Count the lines in the following data that include "Sets". Please write only the number.

------------------------------------

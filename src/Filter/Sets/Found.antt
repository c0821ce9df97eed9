-- ===== src/Filter/Sets/Found.antt =====
-- util/bip158.rs: a set that is written is matched as the set that it is.
use mathlib.Core.Path.{fun_ext}
use mathlib.Core.List.{map}
use chaintopeslashrust_tapyr.Common.{
  ℕ, ◌-◌, ◌*◌, ◌^◌, ◌≤◌, ◌<◌, ◌≡◌, refl, sym, ap, ◌∙◌, arith, subst, List, [], ◌∷◌, ◌++◌, length,
  ◌||◌, ne→==, is_empty, lt→ltb,
}
use chaintopeslashrust_tapyr.Common.Powers.{digits_of}
use chaintopeslashrust_tapyr.Outcome.{Bytes, ok, bind}
use chaintopeslashrust_tapyr.Consensus.VarInt.{encode, decode}
use chaintopeslashrust_tapyr.Consensus.VarInt.Laws.{var_int-IsLawful}
use chaintopeslashrust_tapyr.Filter.Stream.{new_reader}
use chaintopeslashrust_tapyr.Filter.Stream.Writing.{all_digits}
use chaintopeslashrust_tapyr.Filter.Golomb.{SipHash, golomb_rice_decode, sort, dedup}
use chaintopeslashrust_tapyr.Filter.Sets.{
  GcsFilter, GcsFilterWriter, GcsFilterReader, any_from, all_from, finish, match_any, match_all,
}
use chaintopeslashrust_tapyr.Filter.Sets.Merging.{has, any_meets, all_meet, sort-IsSorted}
use chaintopeslashrust_tapyr.Filter.Sets.Merged.{any_none}
use chaintopeslashrust_tapyr.Filter.Sets.Decoding.{codes}
use chaintopeslashrust_tapyr.Filter.Sets.Matching.{
  has-sort, length-sort, length-map, All-sort, value_of, map_all_exact, finish_lem, any_decoded,
}

module _ (sip : SipHash) (f : GcsFilter) (m : ℕ) where
  -- The writer of a set of elements and the reader with the same parameters.
  abbrev pub writer_of : List Bytes → GcsFilterWriter
  writer_of es = record { filter = f; written = []; elements = es; m = m }

  abbrev pub reader : GcsFilterReader
  reader = record { filter = f; m = m }

  -- The values of elements, in a set of `n`.
  abbrev pub values_of : ℕ → List Bytes → List ℕ
  values_of n es = map (value_of sip f m n) es

  -- What is said of a query against the bytes of a set.
  abbrev Answers : List Bytes → List Bytes → Bytes → Type 0
  Answers es query content =
      (match_any sip reader query content
        ≡ ok (
            is_empty query
            || any_meets (has (values_of (length es) es)) (values_of (length es) query)))
      × (match_all sip reader query content
          ≡ ok (all_meet (has (values_of (length es) es)) (values_of (length es) query)))

  nonempty : (xs : List ℕ) → 1 ≤ length xs → (x : ℕ) × (rest : List ℕ) × (xs ≡ x ∷ rest)
  nonempty [] h = absurd (omega arith)
  nonempty (x ∷ xs) h = (x, xs, refl)

  answers :
      (es query : List Bytes) (body : Bytes) (tail : List ℕ)
      → f.p < 64
      → 1 ≤ m
      → length es * m < 2 ^ 33
      → all_digits body ≡ codes f.p 0 (sort (values_of (length es) es)) ++ tail
      → Answers es query ((encode (length es)).0 ++ body)
  unfolding match_any match_all
  answers es query body tail small positive range digits =
      go es query digits range (var_int-IsLawful.round_trip (length es) body (omega (arith, few)))
    where
      few : length es < 2 ^ 33
      few = grind (arith, range, positive)

      go :
          (es query : List Bytes)
          → all_digits body ≡ codes f.p 0 (sort (values_of (length es) es)) ++ tail
          → length es * m < 2 ^ 33
          → decode ((encode (length es)).0 ++ body) ≡ ok (length es, body)
          → Answers es query ((encode (length es)).0 ++ body)
      go es [] d range counted =
          let (mapped, _) = map_all_exact sip f m (length es) [] range in
          let fits = lt→ltb (length es * m) (2 ^ 64) (omega arith) in
          (rw (counted, fits, mapped) refl, rw (counted, fits, mapped) refl)
      go [] (q ∷ qs) d range counted =
          let (mapped, _) = map_all_exact sip f m 0 (q ∷ qs) range in
          let fits = lt→ltb (0 * m) (2 ^ 64) (omega arith) in
          (
            rw (counted, fits, mapped) (ap ok (sym (any_none (values_of 0 qs)))),
            rw (counted, fits, mapped) refl,
          )
      go (e ∷ es) (q ∷ qs) d range counted =
          let n : ℕ = length (e ∷ es) in
          let wanted : List ℕ = values_of n (q ∷ qs) in
          let elements : List ℕ = values_of n (e ∷ es) in
          let values : List ℕ = sort elements in
          let (mapped, _) = map_all_exact sip f m n (q ∷ qs) range in
          let (_, fit) = map_all_exact sip f m n (e ∷ es) range in
          let some_left = ne→== n 0 (λ k. absurd (omega arith)) in
          let fits = lt→ltb (n * m) (2 ^ 64) (omega arith) in
          let count : length values ≡ n =
            length-sort elements ∙ length-map (value_of sip f m n) (e ∷ es) in
          let (x, xs, shape) = nonempty values (omega (arith, count)) in
          let (any_found, all_found) =
            any_decoded sip f m body tail values wanted x xs small shape (sort-IsSorted elements)
              (All-sort elements fit) d in
          let same : has values ≡ has elements = fun_ext (has-sort elements) in
          let left : length values - 1 ≡ n - 1 = ap (λ k. k - 1) count in
          (
            rw (counted, fits, mapped, some_left)
                (subst
                  (λ k.
                    bind (golomb_rice_decode f.p (new_reader body))
                      (λ d. any_from f.p (sort wanted) (d.0) k (d.1))
                    ≡ ok (any_meets (has elements) wanted))
                  left (any_found ∙ ap (λ h. ok (any_meets h wanted)) same)),
            rw (counted, fits, mapped, some_left)
                (subst
                  (λ k.
                    bind (golomb_rice_decode f.p (new_reader body))
                      (λ d. all_from f.p (dedup (sort wanted)) (d.0) k (d.1))
                    ≡ ok (all_meet (has elements) wanted))
                  left (all_found ∙ ap (λ h. ok (all_meet h wanted)) same)),
          )

  -- A set of elements that is written, with a Golomb parameter below 64 and values below 2 ^ 33, is answered for
  -- exactly: some element of a query is matched when its value, the hash scaled to the range of the set, is that of an
  -- element, or when the query is empty; all of a query are matched when each has the value of an element.
  pub match-finish :
      (es query : List Bytes)
      → f.p < 64
      → 1 ≤ m
      → length es * m < 2 ^ 33
      → (content : Bytes) × (finish sip (writer_of es) ≡ ok content)
        × (match_any sip reader query content
            ≡ ok (
                is_empty query
                || any_meets (has (values_of (length es) es)) (values_of (length es) query)))
        × (match_all sip reader query content
            ≡ ok (all_meet (has (values_of (length es) es)) (values_of (length es) query)))
  match-finish es query small positive range =
      let (body, spare, wrote, digits) = finish_lem sip f m [] es small range in
      let (any_found, all_found) =
        answers es query body (digits_of spare 0) small positive range digits in
      ((encode (length es)).0 ++ body, wrote, any_found, all_found)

------------------------------------

### [EXERCISE OUTPUT]
7